__What to work on__
Count the lines in the following data that include "with". Please write only the number.

Collected data entries
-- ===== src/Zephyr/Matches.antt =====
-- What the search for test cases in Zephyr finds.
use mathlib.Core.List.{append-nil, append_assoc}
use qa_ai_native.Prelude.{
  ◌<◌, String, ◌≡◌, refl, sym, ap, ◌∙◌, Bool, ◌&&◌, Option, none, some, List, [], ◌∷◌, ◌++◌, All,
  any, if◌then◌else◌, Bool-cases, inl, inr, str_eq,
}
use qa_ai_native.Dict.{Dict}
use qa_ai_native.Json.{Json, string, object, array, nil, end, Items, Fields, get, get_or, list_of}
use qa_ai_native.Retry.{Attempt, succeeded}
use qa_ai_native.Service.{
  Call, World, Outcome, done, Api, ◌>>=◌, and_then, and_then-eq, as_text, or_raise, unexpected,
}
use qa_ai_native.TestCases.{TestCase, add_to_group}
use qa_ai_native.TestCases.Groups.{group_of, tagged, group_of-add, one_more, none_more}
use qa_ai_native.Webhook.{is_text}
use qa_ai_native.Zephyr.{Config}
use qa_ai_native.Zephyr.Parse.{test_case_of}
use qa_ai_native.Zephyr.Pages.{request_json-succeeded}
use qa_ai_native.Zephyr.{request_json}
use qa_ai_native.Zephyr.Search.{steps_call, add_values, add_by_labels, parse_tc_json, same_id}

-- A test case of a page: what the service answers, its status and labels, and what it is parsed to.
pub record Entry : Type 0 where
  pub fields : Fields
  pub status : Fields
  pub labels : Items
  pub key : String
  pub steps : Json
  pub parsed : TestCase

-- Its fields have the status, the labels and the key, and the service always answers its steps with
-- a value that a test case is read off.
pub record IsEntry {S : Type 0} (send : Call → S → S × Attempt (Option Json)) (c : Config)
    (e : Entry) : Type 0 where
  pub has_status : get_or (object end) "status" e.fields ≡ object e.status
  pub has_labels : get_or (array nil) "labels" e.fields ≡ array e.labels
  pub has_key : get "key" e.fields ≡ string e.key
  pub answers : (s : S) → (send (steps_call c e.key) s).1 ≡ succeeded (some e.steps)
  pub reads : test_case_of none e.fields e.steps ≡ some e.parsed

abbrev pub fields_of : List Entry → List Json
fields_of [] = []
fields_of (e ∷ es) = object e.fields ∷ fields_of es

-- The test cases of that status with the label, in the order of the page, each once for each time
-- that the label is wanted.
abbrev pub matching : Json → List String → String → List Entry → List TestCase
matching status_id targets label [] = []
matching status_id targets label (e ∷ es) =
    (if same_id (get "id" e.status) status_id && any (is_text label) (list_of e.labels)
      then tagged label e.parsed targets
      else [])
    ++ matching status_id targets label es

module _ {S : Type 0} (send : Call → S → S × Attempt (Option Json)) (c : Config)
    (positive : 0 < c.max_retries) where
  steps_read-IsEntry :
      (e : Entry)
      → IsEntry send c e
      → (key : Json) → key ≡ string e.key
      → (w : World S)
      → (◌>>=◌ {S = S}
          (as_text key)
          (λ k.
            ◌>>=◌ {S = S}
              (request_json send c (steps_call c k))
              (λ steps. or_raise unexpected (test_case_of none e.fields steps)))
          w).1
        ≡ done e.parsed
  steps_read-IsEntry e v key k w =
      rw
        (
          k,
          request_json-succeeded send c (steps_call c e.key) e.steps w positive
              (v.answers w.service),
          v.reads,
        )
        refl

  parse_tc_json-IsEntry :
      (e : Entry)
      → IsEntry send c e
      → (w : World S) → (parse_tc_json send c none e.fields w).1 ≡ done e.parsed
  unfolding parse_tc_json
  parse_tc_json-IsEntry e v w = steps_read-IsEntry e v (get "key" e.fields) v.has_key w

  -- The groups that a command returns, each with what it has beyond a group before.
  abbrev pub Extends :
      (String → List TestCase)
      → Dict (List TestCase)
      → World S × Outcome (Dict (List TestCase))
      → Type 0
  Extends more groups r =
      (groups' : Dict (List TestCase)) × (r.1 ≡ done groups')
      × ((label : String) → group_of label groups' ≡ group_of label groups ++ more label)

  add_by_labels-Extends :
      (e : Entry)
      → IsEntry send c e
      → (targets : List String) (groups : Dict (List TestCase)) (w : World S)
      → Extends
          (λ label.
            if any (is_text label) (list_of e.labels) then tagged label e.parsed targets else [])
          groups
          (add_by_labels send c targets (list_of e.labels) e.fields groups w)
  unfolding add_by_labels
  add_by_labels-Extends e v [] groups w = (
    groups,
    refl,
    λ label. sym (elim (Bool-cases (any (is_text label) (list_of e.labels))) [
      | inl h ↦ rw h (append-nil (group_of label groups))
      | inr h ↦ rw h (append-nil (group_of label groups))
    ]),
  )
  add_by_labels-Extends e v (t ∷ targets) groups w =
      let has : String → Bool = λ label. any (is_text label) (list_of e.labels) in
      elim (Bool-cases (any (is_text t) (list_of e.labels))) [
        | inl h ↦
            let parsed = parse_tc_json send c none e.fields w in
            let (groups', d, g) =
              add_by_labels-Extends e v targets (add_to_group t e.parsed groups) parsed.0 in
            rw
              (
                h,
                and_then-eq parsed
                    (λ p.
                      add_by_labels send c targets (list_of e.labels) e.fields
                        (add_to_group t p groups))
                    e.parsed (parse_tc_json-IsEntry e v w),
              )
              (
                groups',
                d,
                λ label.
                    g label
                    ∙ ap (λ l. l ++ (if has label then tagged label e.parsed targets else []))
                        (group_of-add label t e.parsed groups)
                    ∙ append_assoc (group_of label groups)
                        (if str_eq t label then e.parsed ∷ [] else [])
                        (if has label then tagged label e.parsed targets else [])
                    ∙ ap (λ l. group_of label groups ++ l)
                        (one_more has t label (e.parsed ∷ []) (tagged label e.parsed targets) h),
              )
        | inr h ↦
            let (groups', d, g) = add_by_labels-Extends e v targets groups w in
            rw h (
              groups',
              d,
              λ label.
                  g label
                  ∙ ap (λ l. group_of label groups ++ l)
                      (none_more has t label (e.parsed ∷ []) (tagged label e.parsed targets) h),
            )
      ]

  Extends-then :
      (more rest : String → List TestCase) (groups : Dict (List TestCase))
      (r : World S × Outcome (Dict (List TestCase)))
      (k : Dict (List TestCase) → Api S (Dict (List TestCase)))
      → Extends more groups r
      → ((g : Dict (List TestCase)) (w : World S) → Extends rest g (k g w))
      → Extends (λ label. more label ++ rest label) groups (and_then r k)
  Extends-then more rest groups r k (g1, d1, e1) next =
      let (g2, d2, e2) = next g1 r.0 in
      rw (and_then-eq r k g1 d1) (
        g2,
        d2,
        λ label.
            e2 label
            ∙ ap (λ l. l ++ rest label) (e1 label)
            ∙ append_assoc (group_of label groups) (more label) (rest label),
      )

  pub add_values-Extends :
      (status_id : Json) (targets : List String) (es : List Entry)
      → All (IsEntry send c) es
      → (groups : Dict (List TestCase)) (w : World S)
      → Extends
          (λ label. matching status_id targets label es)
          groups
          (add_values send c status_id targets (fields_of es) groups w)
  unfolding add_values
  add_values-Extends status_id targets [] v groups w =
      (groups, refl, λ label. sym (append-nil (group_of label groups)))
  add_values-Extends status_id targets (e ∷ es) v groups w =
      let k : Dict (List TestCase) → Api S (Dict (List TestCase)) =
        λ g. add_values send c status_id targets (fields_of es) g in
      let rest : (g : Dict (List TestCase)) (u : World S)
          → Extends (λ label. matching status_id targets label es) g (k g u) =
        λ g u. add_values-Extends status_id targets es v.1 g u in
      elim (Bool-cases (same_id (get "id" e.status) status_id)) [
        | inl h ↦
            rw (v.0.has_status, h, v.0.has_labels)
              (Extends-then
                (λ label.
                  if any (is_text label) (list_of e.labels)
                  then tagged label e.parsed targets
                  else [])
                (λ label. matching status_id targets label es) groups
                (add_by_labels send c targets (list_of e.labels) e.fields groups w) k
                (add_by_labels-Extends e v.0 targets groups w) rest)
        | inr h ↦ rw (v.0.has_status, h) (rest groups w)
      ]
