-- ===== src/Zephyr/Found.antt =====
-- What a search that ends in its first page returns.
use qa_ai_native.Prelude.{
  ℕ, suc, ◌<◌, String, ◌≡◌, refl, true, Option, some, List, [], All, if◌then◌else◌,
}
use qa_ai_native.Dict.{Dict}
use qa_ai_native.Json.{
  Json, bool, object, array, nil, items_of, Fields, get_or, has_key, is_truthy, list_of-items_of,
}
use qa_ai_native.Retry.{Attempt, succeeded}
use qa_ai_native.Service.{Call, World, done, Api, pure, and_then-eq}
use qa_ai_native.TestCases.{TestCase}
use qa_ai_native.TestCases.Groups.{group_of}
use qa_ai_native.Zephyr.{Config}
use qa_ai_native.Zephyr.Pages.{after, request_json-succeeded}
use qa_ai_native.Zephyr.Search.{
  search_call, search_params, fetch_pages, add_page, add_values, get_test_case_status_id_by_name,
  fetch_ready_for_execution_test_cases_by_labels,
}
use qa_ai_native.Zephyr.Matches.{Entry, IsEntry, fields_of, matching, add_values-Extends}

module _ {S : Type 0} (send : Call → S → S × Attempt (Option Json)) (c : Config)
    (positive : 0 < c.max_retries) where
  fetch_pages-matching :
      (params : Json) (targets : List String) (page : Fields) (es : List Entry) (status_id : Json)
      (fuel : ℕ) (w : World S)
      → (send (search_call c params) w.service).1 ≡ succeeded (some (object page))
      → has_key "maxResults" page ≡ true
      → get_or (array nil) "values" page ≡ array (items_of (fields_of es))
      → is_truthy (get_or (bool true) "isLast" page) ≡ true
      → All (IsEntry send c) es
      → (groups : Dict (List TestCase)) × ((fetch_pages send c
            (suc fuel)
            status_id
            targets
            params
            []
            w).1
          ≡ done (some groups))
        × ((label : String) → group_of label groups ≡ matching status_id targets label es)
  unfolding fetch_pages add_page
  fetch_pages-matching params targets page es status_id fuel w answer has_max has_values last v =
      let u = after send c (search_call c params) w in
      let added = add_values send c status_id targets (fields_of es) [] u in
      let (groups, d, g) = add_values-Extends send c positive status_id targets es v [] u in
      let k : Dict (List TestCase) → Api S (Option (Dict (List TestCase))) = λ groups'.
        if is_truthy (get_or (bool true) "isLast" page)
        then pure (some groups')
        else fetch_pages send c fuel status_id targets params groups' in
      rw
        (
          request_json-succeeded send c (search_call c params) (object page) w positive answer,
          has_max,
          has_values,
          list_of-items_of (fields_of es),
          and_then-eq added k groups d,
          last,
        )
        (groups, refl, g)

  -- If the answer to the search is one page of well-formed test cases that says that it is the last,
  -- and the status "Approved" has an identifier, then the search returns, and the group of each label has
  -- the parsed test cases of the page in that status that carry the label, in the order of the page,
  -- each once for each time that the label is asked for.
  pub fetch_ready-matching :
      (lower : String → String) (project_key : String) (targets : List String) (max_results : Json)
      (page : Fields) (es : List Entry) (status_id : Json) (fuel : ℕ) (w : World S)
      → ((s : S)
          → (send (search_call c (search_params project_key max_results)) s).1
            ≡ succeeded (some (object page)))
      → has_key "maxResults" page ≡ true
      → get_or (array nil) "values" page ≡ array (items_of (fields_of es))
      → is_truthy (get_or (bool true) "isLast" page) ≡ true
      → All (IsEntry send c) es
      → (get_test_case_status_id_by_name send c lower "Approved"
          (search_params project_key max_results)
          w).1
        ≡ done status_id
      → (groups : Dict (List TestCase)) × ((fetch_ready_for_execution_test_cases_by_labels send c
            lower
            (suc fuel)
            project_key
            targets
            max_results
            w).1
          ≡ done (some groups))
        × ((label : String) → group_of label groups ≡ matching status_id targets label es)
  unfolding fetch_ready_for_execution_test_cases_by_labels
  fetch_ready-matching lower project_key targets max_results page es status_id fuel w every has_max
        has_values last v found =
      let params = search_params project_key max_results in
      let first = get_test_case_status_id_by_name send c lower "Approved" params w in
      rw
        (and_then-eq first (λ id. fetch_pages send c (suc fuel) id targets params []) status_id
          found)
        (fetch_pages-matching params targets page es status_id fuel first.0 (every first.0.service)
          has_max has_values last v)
==
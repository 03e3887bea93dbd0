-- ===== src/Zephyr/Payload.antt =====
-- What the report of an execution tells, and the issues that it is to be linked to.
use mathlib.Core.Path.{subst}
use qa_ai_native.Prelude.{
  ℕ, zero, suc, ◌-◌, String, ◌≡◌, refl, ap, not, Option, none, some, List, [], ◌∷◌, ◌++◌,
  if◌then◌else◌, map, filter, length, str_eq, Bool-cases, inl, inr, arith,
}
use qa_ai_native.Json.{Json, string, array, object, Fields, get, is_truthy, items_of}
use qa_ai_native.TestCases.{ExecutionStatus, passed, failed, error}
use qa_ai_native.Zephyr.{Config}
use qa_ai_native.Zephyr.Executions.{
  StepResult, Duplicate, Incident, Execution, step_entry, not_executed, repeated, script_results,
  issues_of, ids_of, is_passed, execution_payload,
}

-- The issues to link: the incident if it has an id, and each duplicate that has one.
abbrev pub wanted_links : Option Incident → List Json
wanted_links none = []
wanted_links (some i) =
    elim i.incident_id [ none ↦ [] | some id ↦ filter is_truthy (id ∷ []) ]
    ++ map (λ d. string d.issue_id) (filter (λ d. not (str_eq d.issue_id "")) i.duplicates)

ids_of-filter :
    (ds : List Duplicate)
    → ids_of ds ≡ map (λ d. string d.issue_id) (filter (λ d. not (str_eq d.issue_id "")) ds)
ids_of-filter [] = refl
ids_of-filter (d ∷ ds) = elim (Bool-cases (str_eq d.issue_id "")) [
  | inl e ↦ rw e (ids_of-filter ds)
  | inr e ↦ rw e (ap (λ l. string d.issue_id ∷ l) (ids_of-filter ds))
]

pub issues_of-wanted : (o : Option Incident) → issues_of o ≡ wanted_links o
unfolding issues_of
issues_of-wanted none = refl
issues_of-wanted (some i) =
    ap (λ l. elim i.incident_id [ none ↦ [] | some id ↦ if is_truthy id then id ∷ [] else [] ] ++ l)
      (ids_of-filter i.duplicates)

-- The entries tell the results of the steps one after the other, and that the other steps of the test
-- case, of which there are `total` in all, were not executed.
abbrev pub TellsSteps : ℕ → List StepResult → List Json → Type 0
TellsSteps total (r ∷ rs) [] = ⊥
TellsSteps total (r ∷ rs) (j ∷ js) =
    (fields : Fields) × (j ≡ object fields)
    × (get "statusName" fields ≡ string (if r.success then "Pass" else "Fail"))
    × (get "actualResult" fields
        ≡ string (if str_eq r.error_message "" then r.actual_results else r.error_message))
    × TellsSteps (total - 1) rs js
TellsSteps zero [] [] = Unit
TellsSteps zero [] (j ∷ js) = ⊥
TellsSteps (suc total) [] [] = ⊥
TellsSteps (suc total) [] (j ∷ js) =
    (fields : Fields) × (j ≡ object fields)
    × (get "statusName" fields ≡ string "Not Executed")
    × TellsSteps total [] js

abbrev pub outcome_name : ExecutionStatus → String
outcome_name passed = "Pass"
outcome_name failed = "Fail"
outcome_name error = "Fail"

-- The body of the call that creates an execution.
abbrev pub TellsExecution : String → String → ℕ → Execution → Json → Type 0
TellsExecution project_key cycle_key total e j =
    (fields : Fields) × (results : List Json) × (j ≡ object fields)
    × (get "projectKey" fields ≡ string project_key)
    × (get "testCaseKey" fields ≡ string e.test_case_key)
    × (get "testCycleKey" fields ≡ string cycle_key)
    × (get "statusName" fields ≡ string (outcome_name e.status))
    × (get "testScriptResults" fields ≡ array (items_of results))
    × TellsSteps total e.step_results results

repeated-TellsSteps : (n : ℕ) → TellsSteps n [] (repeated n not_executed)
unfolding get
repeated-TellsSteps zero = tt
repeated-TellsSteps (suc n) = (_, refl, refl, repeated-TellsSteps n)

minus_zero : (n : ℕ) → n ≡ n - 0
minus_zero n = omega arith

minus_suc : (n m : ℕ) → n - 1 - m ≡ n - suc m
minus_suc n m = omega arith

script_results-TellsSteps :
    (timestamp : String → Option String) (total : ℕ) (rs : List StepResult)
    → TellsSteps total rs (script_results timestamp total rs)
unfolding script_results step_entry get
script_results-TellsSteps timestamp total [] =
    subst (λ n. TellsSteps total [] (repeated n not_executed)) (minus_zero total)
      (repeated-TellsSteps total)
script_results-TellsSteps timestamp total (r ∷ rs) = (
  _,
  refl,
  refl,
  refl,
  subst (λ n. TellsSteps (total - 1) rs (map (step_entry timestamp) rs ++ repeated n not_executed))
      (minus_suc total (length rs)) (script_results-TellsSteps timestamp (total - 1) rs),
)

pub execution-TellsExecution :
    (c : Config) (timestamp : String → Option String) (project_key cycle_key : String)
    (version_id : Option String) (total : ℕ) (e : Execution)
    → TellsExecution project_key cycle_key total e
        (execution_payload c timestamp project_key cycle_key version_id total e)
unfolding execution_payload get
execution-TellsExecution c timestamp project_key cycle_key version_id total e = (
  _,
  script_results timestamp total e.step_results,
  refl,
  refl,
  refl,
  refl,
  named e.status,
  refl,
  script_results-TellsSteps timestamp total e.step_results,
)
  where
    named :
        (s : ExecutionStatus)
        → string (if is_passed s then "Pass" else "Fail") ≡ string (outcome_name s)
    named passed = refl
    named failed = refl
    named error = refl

__Solution to the problem__
3